[RECORDS SHOWN Boundary: Start]

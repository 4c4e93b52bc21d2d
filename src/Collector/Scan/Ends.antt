-- ===== src/Collector/Scan/Ends.antt =====
-- `do … while (marked)` of `_mark_reachable`: with enough fuel it ends, and leaves no reachable object
-- on the page.
use sgcl.Base.{
  ℕ, zero, suc, ◌+◌, ◌/◌, ◌<◌, ◌≡◌, refl, sym, ap, subst, ◌∙◌, arith, true, false, ◌-◌, ◌==◌, inl,
  inr, ◌⊎◌, List, Bool-cases, ==→eq, for_range, for_range_inv, while,
}
use sgcl.Page.{Metadata, flags_count}
use sgcl.Heap.{Heap, page_at, flag_at}
use sgcl.Collector.Frame.{Frame}
use sgcl.Collector.Measure.{IsWithin, IsWithin-Frame, unmarked, unmarked_mono}
use sgcl.Collector.Mark.Cover.{Step, Step-refl, Step-trans}
use sgcl.Collector.Scan.{Scan, scan_word, scan_words, scan_page}
use sgcl.Collector.Scan.Falls.{IsReady}
use sgcl.Collector.Scan.Rounds.{Round, Round-trans, word-Round}

-- The first `n` words of page `a` are zero.
abbrev pub IsClear : ℕ → ℕ → Heap → Type 0
IsClear a n h = (m : ℕ) → m < n → (flag_at h a m).reachable ≡ 0

pub flags_count-Frame :
    {h h' : Heap} (a : ℕ) → Frame h h' → flags_count (page_at h' a) ≡ flags_count (page_at h a)
unfolding flags_count
flags_count-Frame a f = ap (λ (m : Metadata). (m.object_count + 64 - 1) / 64) (f.metadata a)

module _ (size : ℕ → ℕ) (pages : List ℕ) (fuel a : ℕ) where
  -- The first `i` words in the loop of a round.
  record Words (s : Scan) (i : ℕ) (t : Scan) : Type 0 where
    round : Round size pages s t
    still : t ≡ s → IsClear a i t.heap

  Words-step :
      (s : Scan) (i : ℕ) (t : Scan)
      → IsWithin size pages s.heap
      → unmarked size pages s.heap < fuel
      → Words s i t
      → Words s (i + 1) (scan_word fuel a i t)
  Words-step s i t w lt v =
      let le = unmarked_mono size pages v.round.step.frame v.round.step.marks in
      let p =
        word-Round size pages fuel a i t (IsWithin-Frame size pages v.round.step.frame w)
          v.round.ready (omega (arith, le)) in
      record {
        round = Round-trans size pages w v.round p.0;
        still = λ e m lo. elim (Bool-cases (m == i)) [
          | inl q ↦
              ap (λ n. (flag_at (scan_word fuel a i t).heap a n).reachable) (==→eq m i q) ∙ p.1
          | inr q ↦ elim p.0.moved [
            | inl same ↦
                ap (λ (x : Scan). (flag_at x.heap a m).reachable) same
                ∙ v.still (sym same ∙ e) m (ground arith)
            | inr less ↦
                absurd (omega (arith, less.1, le, ap (λ (x : Scan). unmarked size pages x.heap) e))
          ]
        ];
      }

  -- What a round of the outer loop, or several, leave.
  pub record Rounds (h : Heap) (n : ℕ) (s : Scan) : Type 0 where
    pub step : Step h s.heap
    pub ready : IsReady s.heap
    pub clear : s.marked ≡ false → IsClear a n s.heap

  words :
      (s : Scan)
      → IsWithin size pages s.heap
      → IsReady s.heap
      → unmarked size pages s.heap < fuel
      → Rounds s.heap (flags_count (page_at s.heap a)) (scan_words fuel a s)
        × (((scan_words fuel a s).marked ≡ false)
            ⊎ (unmarked size pages (scan_words fuel a s).heap < unmarked size pages s.heap))
  unfolding scan_words
  words s w r lt = (
    record {
      step = v.round.step;
      ready = v.round.ready;
      clear = λ e. elim v.round.moved [
        | inl same ↦ v.still same
        | inr less ↦ absurd (ground (arith, less.0))
      ];
    },
    elim v.round.moved [
      | inl same ↦ inl (ap (λ (x : Scan). x.marked) same)
      | inr less ↦ inr less.1
    ],
  )
    where
      v :
          Words
            (record s { marked = false })
            (flags_count (page_at s.heap a))
            (for_range
              (flags_count (page_at s.heap a))
              0
              (scan_word fuel a)
              (record s { marked = false }))
      v =
          for_range_inv (Words (record s { marked = false })) (scan_word fuel a)
            (flags_count (page_at s.heap a)) 0 (flags_count (page_at s.heap a))
            (record s { marked = false }) (omega arith) (λ i t lo hi v. Words-step _ i t w lt v)
            (record {
              round = record { step = Step-refl s.heap; ready = r; moved = inl refl };
              still = λ e m lo. absurd (omega arith);
            })

  loop :
      (rounds : ℕ) (h : Heap) (s : Scan)
      → IsWithin size pages h
      → unmarked size pages h < fuel
      → Rounds h (flags_count (page_at h a)) s
      → (s.marked ≡ false) ⊎ (unmarked size pages s.heap < rounds)
      → let t = while rounds (λ (s : Scan). s.marked) (scan_words fuel a) s in
        Rounds h (flags_count (page_at h a)) t × (t.marked ≡ false)
  unfolding while
  loop zero h s w lt v (inl e) = (v, e)
  loop zero h s w lt v (inr m) = absurd (omega arith)
  loop (suc rounds) h s w lt v m = elim (Bool-cases s.marked) [
    | inr f ↦ rw (f, while) (v, f)
    | inl t ↦
        let le = unmarked_mono size pages v.step.frame v.step.marks in
        let p = words s (IsWithin-Frame size pages v.step.frame w) v.ready (omega (arith, le)) in
        rw (t, while)
          (loop rounds h (scan_words fuel a s) w lt
            (record {
              step = Step-trans v.step p.0.step;
              ready = p.0.ready;
              clear = λ e.
                  subst (λ n. IsClear a n (scan_words fuel a s).heap)
                    (flags_count-Frame a v.step.frame) (p.0.clear e);
            })
            (falls t m p.1))
  ]
    where
      falls :
          s.marked ≡ true
          → (s.marked ≡ false) ⊎ (unmarked size pages s.heap < suc rounds)
          → ((scan_words fuel a s).marked ≡ false)
            ⊎ (unmarked size pages (scan_words fuel a s).heap < unmarked size pages s.heap)
          → ((scan_words fuel a s).marked ≡ false)
            ⊎ (unmarked size pages (scan_words fuel a s).heap < rounds)
      falls t (inl f) p = absurd (ground arith)
      falls t (inr f) (inl p) = inl p
      falls t (inr f) (inr p) = inr (omega arith)

  -- With more fuel than there are objects to mark, the page ends without a reachable object.
  pub scan_page_ends :
      (h : Heap)
      → IsWithin size pages h
      → IsReady h
      → unmarked size pages h < fuel
      → Step h (scan_page fuel a h)
        × IsReady (scan_page fuel a h)
        × IsClear a (flags_count (page_at h a)) (scan_page fuel a h)
  unfolding scan_page
  scan_page_ends h w r lt =
      let p = words (record { heap = h; marked = false }) w r lt in
      let q =
        loop fuel h (scan_words fuel a (record { heap = h; marked = false })) w lt p.0
          (elim p.1 [ inl e ↦ inl e | inr m ↦ inr (omega (arith, m)) ]) in
      (q.0.step, q.0.ready, q.0.clear q.1)
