-- ===== src/Collector/Scan/Leave.antt =====
-- sgcl/priv/collector.h, `_mark_reachable`: `page->reachable = false`, by which a page leaves the list.
use sgcl.Base.{ℕ, refl, arith, false, List}
use sgcl.Heap.{Heap, page_at, put_page}
use sgcl.Collector.Frame.{Frame, SameSweep}

abbrev pub leave_list : ℕ → Heap → Heap
leave_list a h = put_page a (record (page_at h a) { reachable = false }) h

pub leave_list-Frame : (a : ℕ) (h : Heap) → Frame h (leave_list a h)
leave_list-Frame a h = record {
  memory = refl;
  header = refl;
  arrays = refl;
  maps = λ c. refl;
  metadata = λ b. ground arith;
  data_address = λ b. ground arith;
  multiplier = λ b. ground arith;
  states = λ b. ground arith;
  registered = λ b i. ground arith;
  lists = refl;
}

pub leave_list-SameSweep : (a : ℕ) (h : Heap) → SameSweep h (leave_list a h)
leave_list-SameSweep a h = record { pages = refl; flags = λ b. ground arith }

-- `_reachable_pages = nullptr`, and the like.
pub relist-Frame : (l : List ℕ) (h : Heap) → Frame h (record h { reachable_pages = l })
relist-Frame l h = record {
  memory = refl;
  header = refl;
  arrays = refl;
  maps = λ c. refl;
  metadata = λ b. refl;
  data_address = λ b. refl;
  multiplier = λ b. refl;
  states = λ b. refl;
  registered = λ b i. refl;
  lists = refl;
}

[RECORDS SHOWN Boundary: End]

### THE TASK
Search the material above for "IsReady". Pull out each line where it shows up.

### SOLUTION
use sgcl.Collector.Scan.Falls.{IsReady}
    pub ready : IsReady s.heap
      → IsReady s.heap
      → IsReady h
        × IsReady (scan_page fuel a h)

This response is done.